* **What the task asks**
Check each line of the records below for the word "good" and copy those where it appears.

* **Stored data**

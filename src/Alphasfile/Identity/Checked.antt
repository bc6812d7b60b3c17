-- ===== src/Alphasfile/Identity/Checked.antt =====
-- identity.go, `annotateModules`: the files that it takes.
use zordon.Base.{
  ◌∙◌, Bool, not, if◌then◌else◌, ◌↔◌, Distinct, free, ◌≡◌, inl, inr, refl, sym, ap, true, false,
  List, [], ◌∷◌, map, arith, Bool-cases, Bytes, equal, equal_iff, equal_refl, mem, mem_head,
}
use mathlib.Core.Path.{subst}
use zordon.Alphasfile.Identity.{is_module_name}
use zordon.Alphasfile.Identity.Annotate.{
  ServiceDecl, ModuleBlock, PackageBlock, RootBlock, Rejection, invalid_component,
  duplicate_component, same_as_service, invalid_package, invalid_service, Annotated, annotated,
  rejected, annotated_then, stamp_module, annotate_blocks, block_names, check_clashes,
  annotate_packages, every_service, check_slashes, annotate_modules,
}

unfoldable pub AllNamed : List Bytes → Type 0
AllNamed [] = Unit
AllNamed (n ∷ ns) = (is_module_name n ≡ true) × AllNamed ns

-- Modules whose names are identifiers and different from each other and from those before.
unfoldable pub IsBlocks : List Bytes → List ModuleBlock → Type 0
IsBlocks seen mbs =
    AllNamed (block_names mbs)
    × Distinct (block_names mbs)
    × ((k : Bytes) → mem k (block_names mbs) ≡ true → mem k seen ≡ false)

-- a result exactly where `P` holds, and then the value
Exactly : {A : Type 0} → Type 0 → A → Annotated A → Type 0
Exactly P a (annotated b) = P × (b ≡ a)
Exactly P a (rejected e) = P → ⊥

-- a check that returns its error
Exactly-check :
    {A : Type 0} (P : Type 0) (a : A) (b : Bool) (e : Rejection) (r : Annotated A)
    → (b ≡ true → P → ⊥)
    → (b ≡ false → Exactly P a r)
    → Exactly P a (if b then rejected e else r)
unfolding Exactly
Exactly-check P a true e r bad good = bad refl
Exactly-check P a false e r bad good = good refl

IsBlocks-more :
    (seen : List Bytes) (mb : ModuleBlock) (mbs : List ModuleBlock)
    → is_module_name mb.name ≡ true
    → mem mb.name seen ≡ false
    → IsBlocks (mb.name ∷ seen) mbs
    → IsBlocks seen (mb ∷ mbs)
unfolding IsBlocks AllNamed mem
IsBlocks-more seen mb mbs named fresh (ns, d, apart) = (
  (named, ns),
  (ground (arith, apart mb.name, equal_refl mb.name), d),
  λ k h. elim (Bool-cases (equal k mb.name)) [
    | inl t ↦ subst (λ j. mem j seen ≡ false) (sym ((equal_iff k mb.name).0 t)) fresh
    | inr t ↦ ground (arith, apart k, h, t)
  ],
)

IsBlocks-less :
    (seen : List Bytes) (mb : ModuleBlock) (mbs : List ModuleBlock)
    → IsBlocks seen (mb ∷ mbs)
    → IsBlocks (mb.name ∷ seen) mbs
unfolding IsBlocks AllNamed mem
IsBlocks-less seen mb mbs ((named, ns), (n, d), apart) = (
  ns,
  d,
  λ k h. elim (Bool-cases (equal k mb.name)) [
    | inl t ↦
        let e = (equal_iff k mb.name).0 t in cc (subst (λ j. mem j (block_names mbs) ≡ true) e h, n)
    | inr t ↦ ground (arith, apart k, h, t)
  ],
)

annotate_blocks-Exactly :
    (seen : List Bytes) (mbs : List ModuleBlock)
    → Exactly (IsBlocks seen mbs) (map stamp_module mbs) (annotate_blocks seen mbs)
unfolding annotate_blocks Exactly IsBlocks AllNamed mem
annotate_blocks-Exactly seen [] = ((tt, tt, λ k h. ground (arith, h)), refl)
annotate_blocks-Exactly seen (mb ∷ mbs) =
    Exactly-check _ _ (not (is_module_name mb.name)) (invalid_component mb.name) _
      (λ t g. ground (arith, t, g.0.0))
      (λ t.
        Exactly-check _ _ (mem mb.name seen) (duplicate_component mb.name) _
          (λ u g. cc (u, g.2 mb.name (mem_head mb.name (block_names mbs))))
          (λ u.
            go (ground (arith, t)) u (annotate_blocks (mb.name ∷ seen) mbs)
              (annotate_blocks-Exactly (mb.name ∷ seen) mbs)))
  where
    go :
        is_module_name mb.name ≡ true
        → mem mb.name seen ≡ false
        → (r : Annotated (List ModuleBlock))
        → Exactly (IsBlocks (mb.name ∷ seen) mbs) (map stamp_module mbs) r
        → Exactly
            (IsBlocks seen (mb ∷ mbs))
            (map stamp_module (mb ∷ mbs))
            (annotated_then r (λ out. annotated (stamp_module mb ∷ out)))
    go t u (annotated out) (g, e) =
        (IsBlocks-more seen mb mbs t u g, ap (λ r. stamp_module mb ∷ r) e)
    go t u (rejected e) n = λ g. n (IsBlocks-less seen mb mbs g)

-- no service at the top level has the name of a module
unfoldable pub AllApart : List Bytes → List ServiceDecl → Type 0
AllApart names [] = Unit
AllApart names (s ∷ services) = (mem s.name names ≡ false) × AllApart names services

check_clashes-Exactly :
    (names : List Bytes) (services : List ServiceDecl)
    → Exactly (AllApart names services) tt (check_clashes names services)
unfolding check_clashes Exactly AllApart
check_clashes-Exactly names [] = (tt, refl)
check_clashes-Exactly names (s ∷ services) =
    Exactly-check _ _ (mem s.name names) (same_as_service s.name) (check_clashes names services)
      (λ t g. cc (t, g.0))
      (λ t. go t (check_clashes names services) (check_clashes-Exactly names services))
  where
    go :
        mem s.name names ≡ false
        → (r : Annotated Unit) → Exactly (AllApart names services) tt r
        → Exactly (AllApart names (s ∷ services)) tt r
    go t (annotated u) (g, e) = ((t, g), e)
    go t (rejected e) n = λ g. n g.1

-- no service has a '/' in its name
unfoldable pub AllFree : List ServiceDecl → Type 0
AllFree [] = Unit
AllFree (s ∷ services) = (free 47 s.name ≡ true) × AllFree services

check_slashes-Exactly :
    (services : List ServiceDecl) → Exactly (AllFree services) tt (check_slashes services)
unfolding check_slashes Exactly AllFree
check_slashes-Exactly [] = (tt, refl)
check_slashes-Exactly (s ∷ services) =
    Exactly-check _ _ (not (free 47 s.name)) (invalid_service s.name) (check_slashes services)
      (λ t g. ground (arith, t, g.0))
      (λ t. go (ground (arith, t)) (check_slashes services) (check_slashes-Exactly services))
  where
    go :
        free 47 s.name ≡ true
        → (r : Annotated Unit) → Exactly (AllFree services) tt r
        → Exactly (AllFree (s ∷ services)) tt r
    go t (annotated u) (g, e) = ((t, g), e)
    go t (rejected e) n = λ g. n g.1

-- packages named by identifiers, each with its own modules
unfoldable pub AllPackages : List PackageBlock → Type 0
AllPackages [] = Unit
AllPackages (pb ∷ pbs) = (is_module_name pb.name ≡ true) × IsBlocks [] pb.modules × AllPackages pbs

abbrev stamp_package : PackageBlock → PackageBlock
stamp_package pb = record { name = pb.name; modules = map stamp_module pb.modules }

Exactly-then :
    {A B : Type 0} (P Q : Type 0) (a : A) (b : B) (r : Annotated A) (f : A → Annotated B)
    → Exactly P a r
    → Exactly Q b (f a)
    → Exactly (P × Q) b (annotated_then r f)
unfolding Exactly
Exactly-then {B = B} P Q a b (annotated c) f (p, e) h =
    go (f c) (subst (λ x. Exactly Q b (f x)) (sym e) h)
  where
    go : (x : Annotated B) → Exactly Q b x → Exactly (P × Q) b x
    go (annotated d) (q, e) = ((p, q), e)
    go (rejected e) n = λ g. n g.1
Exactly-then P Q a b (rejected e) f n h = λ g. n g.0

Exactly-iff :
    {A : Type 0} (P Q : Type 0) (a : A) (r : Annotated A)
    → Exactly P a r
    → (P → Q)
    → (Q → P)
    → Exactly Q a r
unfolding Exactly
Exactly-iff P Q a (annotated b) (p, e) to from = (to p, e)
Exactly-iff P Q a (rejected e) n to from = λ q. n (from q)

Exactly-done : {A : Type 0} (a : A) → Exactly Unit a (annotated a)
unfolding Exactly
Exactly-done a = (tt, refl)

annotate_packages-Exactly :
    (pbs : List PackageBlock)
    → Exactly (AllPackages pbs) (map stamp_package pbs) (annotate_packages pbs)
unfolding annotate_packages AllPackages
annotate_packages-Exactly [] = Exactly-done []
annotate_packages-Exactly (pb ∷ pbs) =
    Exactly-check _ _ (not (is_module_name pb.name)) (invalid_package pb.name) _
      (λ t g. ground (arith, t, g.0))
      (λ t.
        Exactly-iff (IsBlocks [] pb.modules × (AllPackages pbs × Unit)) (AllPackages (pb ∷ pbs)) _ _
          (Exactly-then (IsBlocks [] pb.modules) (AllPackages pbs × Unit)
            (map stamp_module pb.modules) _ (annotate_blocks [] pb.modules) _
            (annotate_blocks-Exactly [] pb.modules)
            (Exactly-then (AllPackages pbs) Unit (map stamp_package pbs) _ (annotate_packages pbs) _
              (annotate_packages-Exactly pbs) (Exactly-done _)))
          (λ g. (ground (arith, t), g.0, g.1.0)) (λ g. (g.1, (g.2, tt))))

-- What `annotateModules` demands. In the file and in each package, the names of the components are
-- identifiers and different; the names of packages are identifiers; no service at the top level has
-- the name of a component of the file; no service has a '/' in its name.
pub record IsIdentified (root : RootBlock) : Type 0 where
  pub components : IsBlocks [] root.modules
  pub apart : AllApart (block_names root.modules) root.services
  pub packages : AllPackages root.packages
  pub slashes : AllFree (every_service root)

-- the file with the module of each service stamped on it
abbrev pub stamp_root : RootBlock → RootBlock
stamp_root root = record {
  services = root.services;
  modules = map stamp_module root.modules;
  packages = map stamp_package root.packages;
}

annotate_modules-Exactly :
    (root : RootBlock) → Exactly (IsIdentified root) (stamp_root root) (annotate_modules root)
unfolding annotate_modules
annotate_modules-Exactly root =
    let names = block_names root.modules in
    let services = every_service root in
    Exactly-iff
      (IsBlocks [] root.modules
        × (AllApart names root.services × (AllPackages root.packages × (AllFree services × Unit))))
      (IsIdentified root) (stamp_root root) _
      (Exactly-then (IsBlocks [] root.modules) _ (map stamp_module root.modules) _ _ _
        (annotate_blocks-Exactly [] root.modules)
        (Exactly-then (AllApart names root.services) _ tt _ _ _
          (check_clashes-Exactly names root.services)
          (Exactly-then (AllPackages root.packages) _ (map stamp_package root.packages) _ _ _
            (annotate_packages-Exactly root.packages)
            (Exactly-then (AllFree services) Unit tt _ _ _ (check_slashes-Exactly services)
              (Exactly-done (stamp_root root))))))
      (λ g. record { components = g.0; apart = g.1.0; packages = g.1.1.0; slashes = g.1.1.1.0 })
      (λ v. (v.components, (v.apart, (v.packages, (v.slashes, tt)))))

-- `annotateModules` succeeds on exactly the files whose names it demands, and its result is then the
-- file with the name of its component stamped on each service of a component.
pub annotate_modules-IsIdentified :
    (root r : RootBlock)
    → (annotate_modules root ≡ annotated r) ↔ (IsIdentified root × (r ≡ stamp_root root))
unfolding Exactly
annotate_modules-IsIdentified root r = (
  λ e. subst (Exactly (IsIdentified root) (stamp_root root)) e (annotate_modules-Exactly root),
  λ v. go (annotate_modules root) (annotate_modules-Exactly root) v.0 v.1,
)
  where
    go :
        (x : Annotated RootBlock)
        → Exactly (IsIdentified root) (stamp_root root) x
        → IsIdentified root
        → r ≡ stamp_root root
        → x ≡ annotated r
    go (annotated y) (v, e) u f = ap annotated (e ∙ sym f)
    go (rejected e) n u f = absurd (n u)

* **Final answer**
Exactly-check P a true e r bad good = bad refl
Exactly-check P a false e r bad good = good refl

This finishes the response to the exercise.